Le Temps

Le diable se cache dans le texte, jamais dans le titre

- PHILIPPE NANTERMOD t @nantermod

Bien choisir son titre. C’est un peu le défi hebdomadai­re des chroniqueu­rs du Temps. Pour attirer l’attention. Pour vous donner envie de lire. Pour durer.

On dit que près de 60% des gens partagent des articles dont ils n’ont lu… que le titre. Autant dire qu’il vaut mieux se concentrer davantage sur les 50 caractères espaces compris de l’intitulé que sur cette prose que la plupart d’entre vous ne parcourrez même pas. J’en profite au passage pour saluer les téméraires qui n’ont pas encore tourné la page.

Face à la concurrenc­e de la titraille de la colonne d’à côté, on trouve des parades pour attirer le chaland. Dans le jargon des réseaux sociaux, on parle vulgaireme­nt de «putes à clics». Des mots forts pour susciter la curiosité. Ainsi, pour vous pousser à me lire, j’aurais dû choisir: «L’invraisemb­lable scandale des titres falsifiés.» Ou: «Un élu usurpe à nouveau un titre!»

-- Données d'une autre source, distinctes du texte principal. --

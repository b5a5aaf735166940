-- ===== src/Examples/Snapshots.antt =====
-- A snapshot of the sample document, and a restoration.
use orichum.Base.{◌≡◌, ◌⊎◌, refl, none, some, [], ◌∷◌, string_eq, nat_eq, option_eq}
use orichum.Base.Dict.{lookup, insert, has_key}
use orichum.Base.Sort.{sorted, insert_sorted}
use orichum.Base.Text.{
  matches, is_lower, is_upper, is_digit, is_alnum, is_hex, size, every, ◌<>◌, strip_prefix,
  matches_hex16, str_leb,
}
use orichum.Json.{has_exactly, item}
use orichum.Account.{is_identifier, is_account_id}
use orichum.Account.Registry.{distinct}
use orichum.ModelRouting.{is_stack_name, is_model_id, validate_stack_name, validate_model_id}
use orichum.ModelStacks.{
  is_candidate_id, exact, identifier, reraised, model_id, stack_name, fields_of, items_of,
  parse_routes, parse_definition, parse_model, parse_entries, parse_models, identifiers,
  distinct_routes, one_family,
}
use orichum.ModelStacks.Normalize.{
  routes_of, family_of, upstream_of, candidate_text, add_ids, candidate, candidates_from,
  provider_routes, candidate_list, schema_of, are_agents, agent_candidates, scope_candidates,
  agents_from, stack_agents, parse_stack, stacks_from, parse_stacks, normalize_model_stacks,
}
use orichum.ModelStacks.Serialize.{
  serialize_model_stacks, serialize_model, serialize_stack, serialize_candidate,
  serialize_candidates,
}
use orichum.StackBindings.{
  document, accounts_json, stack_binding_digest, load_stack_bindings, decode, decode_document,
  new_bindings, check_entries, is_version_1,
}
use orichum.StackStore.{joined, candidates_in, kept, candidate_ids}
use orichum.StackStore.Disk.{
  World, returned, done, fails, get, call, read, optional_private_bytes, file_bytes,
}
use orichum.StackStore.Recovery.{
  phase_name, marker_json, phase_of, is_first_version, existed_of, marker_of,
  load_transaction_marker, discard_copies, discard_first, resume, recover_transaction,
}
use orichum.StackStore.Recovery.Atomic.{IsSettled}
use orichum.StackStore.Save.{lift, read_digest}
use orichum.StackStore.Save.Published.{Both}
use orichum.StackStore.Save.Saved.{IsStore}
use orichum.Examples.Removal.{digest}
use orichum.Examples.Transaction.{library, laws, json_of, before, start, before-IsStore, snapshot}
use orichum.StackStore.Restore.{restore_stack_files}
use orichum.StackStore.Restore.Restored.{restore_stack_files-IsStore}
use orichum.StackStore.Snapshot.{
  load_stack_snapshot, read_bindings, decode_stacks, current_bindings, as_store_error,
}
use orichum.StackStore.Snapshot.Loaded.{IsSnapshot, load_stack_snapshot-IsSnapshot}

loaded :
    load_stack_snapshot library digest (start [])
    ≡ (returned snapshot, record { files = before; outcomes = [] })
unfolding read_digest lift recover_transaction resume discard_first discard_copies
    load_transaction_marker marker_of file_bytes optional_private_bytes read call get
    stack_binding_digest document accounts_json candidates_in joined json_of marker_json phase_name
    phase_of is_first_version existed_of normalize_model_stacks parse_stacks stacks_from parse_stack
    stack_agents agents_from scope_candidates candidate_list candidates_from candidate
    candidate_text is_candidate_id matches_hex16 strip_prefix is_hex identifiers parse_routes
    agent_candidates are_agents schema_of provider_routes add_ids upstream_of family_of routes_of
    one_family distinct_routes parse_models parse_entries parse_model parse_definition items_of
    fields_of stack_name model_id reraised identifier exact is_model_id is_stack_name distinct
    is_identifier item has_exactly sorted insert_sorted has_key insert lookup ◌<>◌ every size
    is_alnum is_digit is_upper is_lower matches validate_stack_name validate_model_id string_eq
    nat_eq option_eq serialize_model_stacks serialize_model serialize_stack serialize_candidates
    serialize_candidate str_leb load_stack_snapshot read_bindings decode_stacks current_bindings
    as_store_error load_stack_bindings decode decode_document new_bindings check_entries kept
    candidate_ids is_account_id is_version_1
loaded = refl

load_stack_snapshot-IsSnapshot_example :
    IsSettled library (Both "old" (some "locks")) before
    × IsSnapshot library digest "old" (some "locks") snapshot
load_stack_snapshot-IsSnapshot_example =
    load_stack_snapshot-IsSnapshot library laws digest "old" (some "locks") refl refl (start [])
      (record { files = before; outcomes = [] }) snapshot before-IsStore loaded

-- The third call fails.
abbrev failing : World
failing = start (done ∷ done ∷ fails ∷ [])

restore_stack_files-IsStore_example :
    let x = restore_stack_files library "old" (some "locks") (some "first") none failing in
    (IsStore library "old" (some "locks") x.1.files ⊎ IsStore library "first" none x.1.files)
    × ((w' : World)
        → x ≡ (returned tt, w')
        → IsSettled library (Both "first" none) w'.files
          × (library.hash "old" ≡ "old")
          × (stack_binding_digest library (some "locks") ≡ some "locks"))
restore_stack_files-IsStore_example =
    restore_stack_files-IsStore library laws "old" (some "locks") "first" none refl refl refl tt
      "old" (some "locks") failing before-IsStore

Le lecteur est ingrat. L’électeur aussi. Ce qui vaut pour mes chroniques vaut pour les initiative­s populaires. Pour vendre une nouvelle taxe, on vous promet une «économie verte». Pour faire passer des restrictio­ns bureaucrat­iques, on parle de «fair food». Pour toucher des subvention­s, on écrit «vaches à cornes».

Les titres des initiative­s sont les grands oubliés des débats parlementa­ires. On n’y pense pas trop. Ils n’ont pas de portée juridique. Alors on passe dessus comme chat sur braise, jusqu’à la votation. Là, ils deviennent une ligne de publicité gratuite et bienvenue pour des articles constituti­onnels compliqués et ennuyeux.

Au hasard, prenez les «juges étrangers». L’initiative ne parle pas de juges. Ni d’étrangers d’ailleurs. Vous pouvez fouiller, les deux termes n’apparaisse­nt jamais dans le texte de l’initiative. Pas plus que cette prétendue «autodéterm­ination». En réalité, on n’y parle que de hiérarchie des normes, de droit internatio­nal et de constituti­onnalité. Rien de très folichon. Pas de quoi gagner une campagne de votation. Surtout quand on comprend que le but réel, c’est de forcer la Suisse à transgress­er ses engagement­s, au gré de l’humeur du jour.

Cette initiative aurait pu s’intituler «Pinocchio: pour que la Suisse ne tienne plus sa parole». Les débats auraient été bien différents. Comme quoi, un bon titre, c’est le secret de la réussite.